Nice Yıllara, Yaşamın Sesi, Yüzleşme ve Hırsızistan, Ben Büyüyünce İnsan Olucam ve Uyan Uyan Gazi Kemal oyunlarının ardından Tuncay Özinel son olarak Ali Yaylı, İdil Yazgan, Kerem Keskin ve Özge Soyal’ın da kadrosunda olduğu “Padişahım Çok Yaşa” adlı komedi oyunuyla tiyatroseverlerle buluşuyor. 2 perdeden oluşan oyun, her cuma günü 20.30’da her pazar günü de 16.00’da sahneleniyor. Oyunda, Kadıköy Belediye Başkanı Selami Öztürk de görüntüsü ve sesiyle seyircilerle buluşarak, Haydarpaşa Garı ve çevresindeki son gelişmeleri değerlendiriyor. Biz de Gazete Kadıköy olarak oyunu izlemeye gittik. Oyundaki siyasi söylemlerin yanı sıra yaptığı esprilerle bizimle beraber tüm salonu güldüren Özinel’e çok teşekkürler! Oyunun ardından sizin için Özinel ile tiyatro ve Kadıköy hakkında keyifli bir sohbet ettik...
 
-“Padişahım Çok Yaşa” adlı tiyatro oyununuzu ne kadar sürede hazırladınız? Oyun ne kadar süreyle sahnelenecek?

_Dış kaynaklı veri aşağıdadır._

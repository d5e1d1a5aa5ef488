-- ===== src/Sensors/Proxy/Modes.antt =====
-- The operation mode is switched for all sub-HALs or for none.
use device_xiaomi_camellia.Base.{
  ℕ, zero, suc, ◌+◌, ◌≤◌, ◌<◌, ◌≡◌, ◌≢◌, ◌⊎◌, inl, inr, true, false, arith, Bool-cases,
  if◌then◌else◌,
}
use device_xiaomi_camellia.Sensors.Platform.{OperationMode}
use device_xiaomi_camellia.Sensors.Proxy.{
  SubHals, HalProxy, is_ok, flip_modes, restore_modes, set_operation_mode,
}

-- What a sub-HAL promises: a switch that succeeds sets its mode, one that fails leaves it, and no
-- other sub-HAL's mode is touched.
pub record SwitchesMode {W : Type 0} (S : SubHals W) (mode : W → ℕ → OperationMode) : Type 0 where
  pub switched :
      (i : ℕ) (m : OperationMode) (w : W)
      → is_ok (S.set_operation_mode i m w).0 ≡ true
      → mode (S.set_operation_mode i m w).1 i ≡ m
  pub refused :
      (i : ℕ) (m : OperationMode) (w : W)
      → is_ok (S.set_operation_mode i m w).0 ≡ false
      → mode (S.set_operation_mode i m w).1 i ≡ mode w i
  pub others :
      (i j : ℕ) (m : OperationMode) (w : W)
      → i ≢ j
      → mode (S.set_operation_mode i m w).1 j ≡ mode w j

module _ {W : Type 0} (S : SubHals W) (mode : W → ℕ → OperationMode)
    (law : SwitchesMode S mode) where
  -- The loop switches the sub-HALs below its stop, and leaves all others.
  flip_modes_lem :
      (left i : ℕ) (m : OperationMode) (w : W) (j : ℕ)
      → let (r, stopped, w') = flip_modes S left i m w in
        (i ≤ stopped)
        × (stopped ≤ i + left)
        × (is_ok r ≡ true → stopped ≡ i + left)
        × (i ≤ j → j < stopped → mode w' j ≡ m)
        × ((j < i) ⊎ (stopped ≤ j) → mode w' j ≡ mode w j)
  unfolding flip_modes
  flip_modes_lem zero i m w j = ground arith
  flip_modes_lem (suc left) i m w j = elim (Bool-cases (is_ok (S.set_operation_mode i m w).0)) [
    | inl done ↦
        let rest = flip_modes_lem left (i + 1) m (S.set_operation_mode i m w).1 j in
        rw (done, flip_modes) (ground (arith, rest, law.switched i m w done, law.others i j m w))
    | inr failed ↦
        rw (failed, flip_modes) (ground (arith, law.refused i m w failed, law.others i j m w))
  ]

  -- Setting back reaches every sub-HAL below the stop, if each accepts the mode.
  restore_modes_lem :
      (left i : ℕ) (m : OperationMode) (w : W) (j : ℕ)
      → ((k : ℕ) (v : W) → is_ok (S.set_operation_mode k m v).0 ≡ true)
      → (i ≤ j → j < i + left → mode (restore_modes S left i m w) j ≡ m)
        × ((j < i) ⊎ (i + left ≤ j) → mode (restore_modes S left i m w) j ≡ mode w j)
  unfolding restore_modes
  restore_modes_lem zero i m w j accepts = ground arith
  restore_modes_lem (suc left) i m w j accepts =
      let rest = restore_modes_lem left (i + 1) m (S.set_operation_mode i m w).1 j accepts in
      ground (arith, rest, law.switched i m w (accepts i w), law.others i j m w)

  -- If all sub-HALs are in the mode that the proxy records, and would accept that mode again, then
  -- after a switch, whether it succeeds or fails, each is in the mode that the proxy records: the
  -- new one if it succeeds, and the old one if any sub-HAL refuses.
  pub set_operation_mode_atomic :
      (m : OperationMode) (proxy : HalProxy) (w : W) (j : ℕ)
      → ((k : ℕ) (v : W) → is_ok (S.set_operation_mode k proxy.current_operation_mode v).0 ≡ true)
      → ((k : ℕ) → k < S.size → mode w k ≡ proxy.current_operation_mode)
      → j < S.size
      → let (r, proxy', w') = set_operation_mode S m proxy w in
        (proxy'.current_operation_mode ≡ (if is_ok r then m else proxy.current_operation_mode))
        × (mode w' j ≡ proxy'.current_operation_mode)
  unfolding set_operation_mode
  set_operation_mode_atomic m proxy w j accepts same within =
      let flipped = flip_modes_lem S.size 0 m w j in
      let back =
        restore_modes_lem (flip_modes S S.size 0 m w).1 0 proxy.current_operation_mode
          (flip_modes S S.size 0 m w).2 j accepts in
      ground (arith, flipped, back, same j within)

-- Setting the mode touches neither the wake lock, nor the queue, nor the dynamic sensors.
pub set_operation_mode_keeps :
    {W : Type 0} (S : SubHals W) (m : OperationMode) (proxy : HalProxy) (w : W)
    → let proxy' = (set_operation_mode S m proxy w).1 in
      (proxy'.wakelock ≡ proxy.wakelock)
      × (proxy'.queue ≡ proxy.queue)
      × (proxy'.dynamic_sensors ≡ proxy.dynamic_sensors)
unfolding set_operation_mode
set_operation_mode_keeps S m proxy w = ground arith
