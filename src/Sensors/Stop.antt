-- ===== src/Sensors/Stop.antt =====
-- The loops of the two threads and `stopThreads`, sensors/HalProxy.cpp, as they interleave: where
-- each loop stands between two accesses to `mThreadsRun` or to its condition variable. A thread
-- holds its mutex but while it sleeps and in the middle of its body; `stopThreads` takes no mutex,
-- so its calls come between any two moves. The calls that block in a body have a time limit.
pub mod Walk
pub mod Laws
use device_xiaomi_camellia.Base.{
  ℕ, Bool, true, false, not, ◌&&◌, ◌||◌, List, [], ◌∷◌, if◌then◌else◌,
}

-- `wait` evaluates its predicate, and unless that holds it sleeps and starts again.
pub data Place : Type 0 where
  at_loop at_wait : Place
  falls_asleep : Place  -- the predicate did not hold, and the thread does not sleep yet
  asleep : Place
  after_wait in_body : Place
  ended : Place

-- What comes next in the loop; `has_work` is what the predicate finds besides `mThreadsRun`.
unfoldable pub advance : Bool → Bool → Place → Place
advance threads_run has_work at_loop = if threads_run then at_wait else ended
advance threads_run has_work at_wait =
    if has_work || not threads_run then after_wait else falls_asleep
advance threads_run has_work falls_asleep = asleep
advance threads_run has_work asleep = asleep
advance threads_run has_work after_wait = if threads_run then in_body else at_loop
advance threads_run has_work in_body = at_loop
advance threads_run has_work ended = ended

-- A notification reaches a thread only in its sleep.
unfoldable pub wake : Place → Place
wake asleep = at_wait
wake at_loop = at_loop
wake at_wait = at_wait
wake falls_asleep = falls_asleep
wake after_wait = after_wait
wake in_body = in_body
wake ended = ended

-- A thread goes on, or it is woken by a post or for no reason.
pub data Move : Type 0 where
  goes_on : Bool → Move
  is_woken : Move

unfoldable pub move : Bool → Move → Place → Place
unfolding advance wake
move threads_run (goes_on has_work) place = advance threads_run has_work place
move threads_run is_woken place = wake place

pub data Thread : Type 0 where
  pending_writes_thread wakelock_thread : Thread

pub record Threads : Type 0 where
  pub threads_run : Bool
  pub pending_writes : Place
  pub wakelock : Place

unfoldable pub at : Thread → (Place → Place) → Threads → Threads
at pending_writes_thread f s = record s { pending_writes = f s.pending_writes }
at wakelock_thread f s = record s { wakelock = f s.wakelock }

unfoldable pub moves : List (Thread × Move) → Threads → Threads
unfolding at move
moves [] s = s
moves ((thread, m) ∷ ms) s = moves ms (at thread (move s.threads_run m) s)

unfoldable pub notify_one : Thread → Threads → Threads
unfolding at wake
notify_one thread s = at thread wake s

-- `stopThreads` up to its calls of `join`, with what the threads do before it, between its store
-- and its two notifications, and after those.
unfoldable pub stop_calls : (before between amid after : List (Thread × Move)) → Threads → Threads
unfolding moves notify_one
stop_calls before between amid after s =
    let stored = record (moves before s) { threads_run = false } in
    let notified = notify_one wakelock_thread (moves between stored) in
    moves after (notify_one pending_writes_thread (moves amid notified))

unfoldable pub is_ended : Place → Bool
is_ended ended = true
is_ended _ = false

-- Whether both calls of `join` return.
unfoldable pub joins : Threads → Bool
unfolding is_ended
joins s = is_ended s.pending_writes && is_ended s.wakelock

Bu oyunu 1 ayda hazırladık. Bu yıl oynayacağız. Belki önümüzdeki yıl da oynamaya devam ederiz.
 
-Tiyatronun yavaş yavaş öldüğü söyleniyor, siz ne düşünüyorsunuz bu konu hakkında?
Bu konu çok derin. Aslında çok fazla konuşmak istemiyorum. Tiyatro ölmez. Hiçbir zaman, dünyanın hiçbir yerinde ölmez. Bugün Paris’te her gece 500 tiyatro perdesini açıyor. Türkiye’de ne yazık ki bir kültür ve ekonomik erozyon söz konusu. Özel tiyatrolar, devlet ve şehir tiyatrolarına göre daha ucuz. Tiyatroya gidecek bir ailenin, bir oyunu izlemek için çok büyük masraf yapması gerekiyor. Bu nedenle tiyatroya olan ilgi eskisi gibi değil. İstanbul’daki trafik de buna eklenince insanlar evinden çıkmak istemiyor. Ben 55 yıldır tiyatro yapıyorum. Tiyatro beni yaşatıyor. Demek ki hâlâ yaşıyoruz.
 
-Devlet ve Şehir Tiyatroları üzerindeki baskı, özel tiyatrolar için de geçerli mi ?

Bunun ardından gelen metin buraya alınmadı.